Checking whether inlining has happened or not
If all the preconditions are satisfied and SQL Server decides to perform inlining, it transforms the UDF into a relational expression. From the query plan, it is easy to figure out whether inlining has happened or not:
- The plan xml will not have a
<UserDefinedFunction>xml node for a UDF that has been inlined successfully.
- Certain XEvents are emitted.
Enabling scalar UDF inlining
You can make workloads automatically eligible for scalar UDF inlining by enabling compatibility level 150 for the database. You can set this using Transact-SQL. For example:
ALTER DATABASE [WideWorldImportersDW] SET COMPATIBILITY_LEVEL = 150;
Apart from this, there are no other changes required to be made to UDFs or queries to take advantage of this feature.
Disabling Scalar UDF inlining without changing the compatibility level
Scalar UDF inlining can be disabled at the database, statement, or UDF scope while still maintaining database compatibility level 150 and higher. To disable scalar UDF inlining at the database scope, execute the following statement within the context of the applicable database:
ALTER DATABASE SCOPED CONFIGURATION SET TSQL_SCALAR_UDF_INLINING = OFF;
To re-enable scalar UDF inlining for the database, execute the following statement within the context of the applicable database:
ALTER DATABASE SCOPED CONFIGURATION SET TSQL_SCALAR_UDF_INLINING = ON;
When ON, this setting will appear as enabled in
You can also disable scalar UDF inlining for a specific query by designating
DISABLE_TSQL_SCALAR_UDF_INLINING as a
USE HINT query hint.
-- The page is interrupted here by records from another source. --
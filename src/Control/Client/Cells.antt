-- ===== src/Control/Client/Cells.antt =====
-- Which cells of a register `P4RuntimeClient` reads and writes, and how many it returns.
use p4net.Base.{
  ℕ, ◌≡◌, ◌<◌, ◌↔◌, refl, sym, ap, subst, ◌∙◌, true, not, none, some, List, [], ◌∷◌, ◌++◌, arith, ℤ,
  pos, negsuc, ◌==◌, ==_iff, length, Bool-cases, Option-cases, Result-cases, inl, inr, ok, err,
  raise_if, >>=-eq-ok, >>-eq-ok, ok_inj,
}
use p4net.Base.Text.{Text, codes, split, join}
use p4net.Builtins.IntText.{strip, str_int}
use p4net.Builtins.Lines.{splitlines, after_prefix}
use p4net.Control.Codec.{int, encode_value}
use p4net.Control.Index.{P4Info, RegisterSpec, new_index, register_by_name}
use p4net.Control.Client.{
  Client, lift_index, is_connected, require_connected, require_connected_with_index,
}
use p4net.Control.Client.Registers.{
  clean_line, sized_ints, ints_of, array_in, parse_register_read_array, CliOutcome, in_register,
  write_command, register_write, register_read, run_thrift_cli, read_register,
}

sized_ints-length :
    (size : ℕ) (value : Text) (values : List ℤ)
    → sized_ints size value ≡ ok values
    → length values ≡ size
unfolding sized_ints
sized_ints-length size value values e =
    let (read, got, rest) = >>=-eq-ok (ints_of (split b',' (strip value))) _ e in
    let (good, same) = >>-eq-ok (raise_if (not (length read == size)) _) _ rest in
    ground (arith, good, ok_inj same, ap length (ok_inj same), ==_iff (length read) size)

array_in-length :
    (needle : Text) (size : ℕ) (lines : List Text) (values : List ℤ)
    → array_in needle size lines ≡ ok values
    → length values ≡ size
unfolding array_in
array_in-length needle size [] values e = cc
array_in-length needle size (raw ∷ rest) values e =
    elim (Option-cases (after_prefix needle (clean_line raw))) [
      | inl absent ↦ array_in-length needle size rest values (rw (array_in, absent) at e)
      | inr (value, found) ↦ sized_ints-length size value values (rw (array_in, found) at e)
    ]

-- A register of the pipeline, over a connection.
pub record IsOpen (c : Client) (name : Text) (spec : RegisterSpec) : Type 0 where
  pub info : P4Info
  pub connected : is_connected c ≡ true
  pub pipeline : c.index ≡ some info
  pub found : register_by_name (new_index info) name ≡ ok spec

-- An index of a cell, and a value that the width of the register holds.
pub record IsCellWrite (c : Client) (name : Text) (index value : ℤ) : Type 0 where
  pub spec : RegisterSpec
  pub opened : IsOpen c name spec
  pub cell : ℕ
  pub index_is : index ≡ pos cell
  pub below : cell < spec.size
  pub encoded : List ℕ
  pub fits : encode_value (int value) spec.bitwidth ≡ ok encoded

with_index_iff :
    (c : Client) (info : P4Info)
    → (require_connected_with_index c ≡ ok info) ↔ ((is_connected c ≡ true) × (c.index ≡ some info))
unfolding require_connected_with_index require_connected
with_index_iff c info = elim (Bool-cases (is_connected c)) [
  | inl on ↦ elim (Option-cases c.index) [
    | inl absent ↦ rw (on, absent) (ground arith)
    | inr (i, present) ↦ rw (on, present) (ground arith)
  ]
  | inr off ↦ rw off (ground arith)
]

lift_index_ok : {A : Type 0} (r : _) (a : A) → lift_index r ≡ ok a → r ≡ ok a
lift_index_ok (ok b) a e = ground (arith, e)
lift_index_ok (err x) a e = cc

in_register_iff :
    (size : ℕ) (index : ℤ) → in_register size index ≡ true → (n : ℕ) × (index ≡ pos n) × (n < size)
unfolding in_register
in_register_iff size (pos n) e = (n, refl, ground (arith, e))
in_register_iff size (negsuc n) e = cc

opened_by :
    (c : Client) (name : Text) (info : P4Info) (spec : RegisterSpec)
    → require_connected_with_index c ≡ ok info
    → lift_index (register_by_name (new_index info) name) ≡ ok spec
    → IsOpen c name spec
opened_by c name info spec ready found = record {
  info = info;
  connected = ((with_index_iff c info).0 ready).0;
  pipeline = ((with_index_iff c info).0 ready).1;
  found = lift_index_ok _ spec found;
}

register_write-IsCellWrite :
    (c : Client) (name : Text) (index value : ℤ) (command : Text)
    → register_write c name index value ≡ ok command
    → IsCellWrite c name index value × (command ≡ write_command name index value)
unfolding register_write
register_write-IsCellWrite c name index value command e =
    let (info, ready, rest) = >>=-eq-ok (require_connected_with_index c) _ e in
    let (spec, found, checks) =
      >>=-eq-ok (lift_index (register_by_name (new_index info) name)) _ rest in
    let (inside, last) = >>-eq-ok (raise_if (not (in_register spec.size index)) _) _ checks in
    let (n, is_n, below) = in_register_iff spec.size index (ground (arith, inside)) in
    elim (Result-cases (encode_value (int value) spec.bitwidth)) [
      | inl (bs, fits) ↦ (
        record {
          spec = spec;
          opened = opened_by c name info spec ready found;
          cell = n;
          index_is = is_n;
          below = below;
          encoded = bs;
          fits = fits;
        },
        sym (ok_inj (rw fits at last)),
      )
      | inr (x, bad) ↦ absurd (ground (arith, rw bad at last))
    ]

opened_again :
    (c : Client) (name : Text) (spec : RegisterSpec) (h : IsOpen c name spec)
    → (require_connected_with_index c ≡ ok h.info)
      × (lift_index (register_by_name (new_index h.info) name) ≡ ok spec)
opened_again c name spec h =
    ((with_index_iff c h.info).1 (h.connected, h.pipeline), rw h.found refl)

IsCellWrite-register_write :
    (c : Client) (name : Text) (index value : ℤ)
    → IsCellWrite c name index value
    → register_write c name index value ≡ ok (write_command name index value)
unfolding register_write in_register
IsCellWrite-register_write c name index value h =
    let (ready, found) = opened_again c name h.spec h.opened in
    let inside : in_register h.spec.size index ≡ true = rw h.index_is (ground (arith, h.below)) in
    rw (register_write, ready, found, inside, h.fits) refl

-- `write_register` makes a command exactly for a register of the connected client's pipeline, an
-- index from 0 to below its size, and a value that its width holds. The command is the text
-- `register_write`, the register's name, the index and the value in decimal, with one space between
-- each and the next.
pub register_write-iff-IsCellWrite :
    (c : Client) (name : Text) (index value : ℤ) (command : Text)
    → (register_write c name index value ≡ ok command) ↔ (
        IsCellWrite c name index value
        × (command
            ≡ join
                (codes " ")
                (codes "register_write" ∷ name ∷ str_int index ∷ str_int value ∷ [])))
unfolding write_command join
register_write-iff-IsCellWrite c name index value command = (
  register_write-IsCellWrite c name index value command,
  λ h. IsCellWrite-register_write c name index value h.0 ∙ ap ok (sym h.1),
)

read_spec :
    (c : Client) (name : Text) (spec : RegisterSpec) (command : Text)
    → register_read c name none ≡ ok (spec, command)
    → IsOpen c name spec
unfolding register_read
read_spec c name spec command e =
    let (info, ready, rest) = >>=-eq-ok (require_connected_with_index c) _ e in
    let (found_spec, found, last) =
      >>=-eq-ok (lift_index (register_by_name (new_index info) name)) _ rest in
    subst (IsOpen c name) (ap (λ p. p.0) (ok_inj last))
      (opened_by c name info found_spec ready found)

-- `read_register` without an index returns a list only for a register of the connected client's
-- pipeline, and then one value for every cell of the register.
pub length-read_register :
    {T : Type 0} (cli : T → Text → ℕ → Text → T × CliOutcome) (c : Client) (name : Text) (t : T)
    (values : List ℤ)
    → (read_register cli c name t).1 ≡ ok values
    → (spec : RegisterSpec) × IsOpen c name spec × (length values ≡ spec.size)
unfolding read_register parse_register_read_array
length-read_register cli c name t values e = elim (Result-cases (register_read c name none)) [
  | inl (made, built) ↦
      let (out, answered, parsed) =
        >>=-eq-ok (run_thrift_cli cli c made.1 t).1 _ (rw (read_register, built) at e) in
      (
        made.0,
        read_spec c name made.0 made.1 built,
        array_in-length (name ++ codes "=") made.0.size (splitlines out) values parsed,
      )
  | inr (x, refused) ↦ absurd (ground (arith, rw (read_register, refused) at e))
]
For example:
SELECT L_SHIPDATE, O_SHIPPRIORITY, SUM (dbo.discount_price(L_EXTENDEDPRICE, L_DISCOUNT)) FROM LINEITEM, ORDERS WHERE O_ORDERKEY = L_ORDERKEY GROUP BY L_SHIPDATE, O_SHIPPRIORITY ORDER BY L_SHIPDATE OPTION (USE HINT('DISABLE_TSQL_SCALAR_UDF_INLINING'));
USE HINT query hint takes precedence over the database scoped configuration or compatibility level setting.
Scalar UDF inlining can also be disabled for a specific UDF using the INLINE clause in the
CREATE FUNCTION or
ALTER FUNCTION statement.
CREATE OR ALTER FUNCTION dbo.discount_price(@price DECIMAL(12,2), @discount DECIMAL(12,2)) RETURNS DECIMAL (12,2) WITH INLINE = OFF AS BEGIN RETURN @price * (1 - @discount); END
Once the above statement is executed, this UDF will never be inlined into any query that invokes it. To re-enable inlining for this UDF, execute the following statement:
CREATE OR ALTER FUNCTION dbo.discount_price(@price DECIMAL(12,2), @discount DECIMAL(12,2)) RETURNS DECIMAL (12,2) WITH INLINE = ON AS BEGIN RETURN @price * (1 - @discount); END
INLINE clause is not mandatory. If
INLINE clause is not specified, it is automatically set to
OFF based on whether the UDF can be inlined. If
INLINE=ON is specified but the UDF is found ineligible for inlining, an error will be thrown.
As described in this article, scalar UDF inlining transforms a query with scalar UDFs into a query with an equivalent scalar subquery. Due to this transformation, users may notice some differences in behavior in the following scenarios:
- Inlining will result in a different query hash for the same query text.
- Certain warnings in statements inside the UDF (such as divide by zero etc.) which might have been hidden earlier, might show up due to inlining.
- Query level join hints might not be valid anymore, as inlining may introduce new joins. Local join hints will have to be used instead.
- Views that reference inline scalar UDFs cannot be indexed. If you need to create an index on such views, disable inlining for the referenced UDFs.
- There might be some differences in the behavior of Dynamic Data masking with UDF inlining. In certain situations (depending upon the logic in the UDF), inlining might be more conservative w.r.t masking output columns. In scenarios where the columns referenced in a UDF are not output columns, they will not be masked.
- If a UDF references built-in functions such as
SCOPE_IDENTITY(), the value returned by the built-in function will change with inlining. This change in behavior is because inlining changes the scope of statements inside the UDF.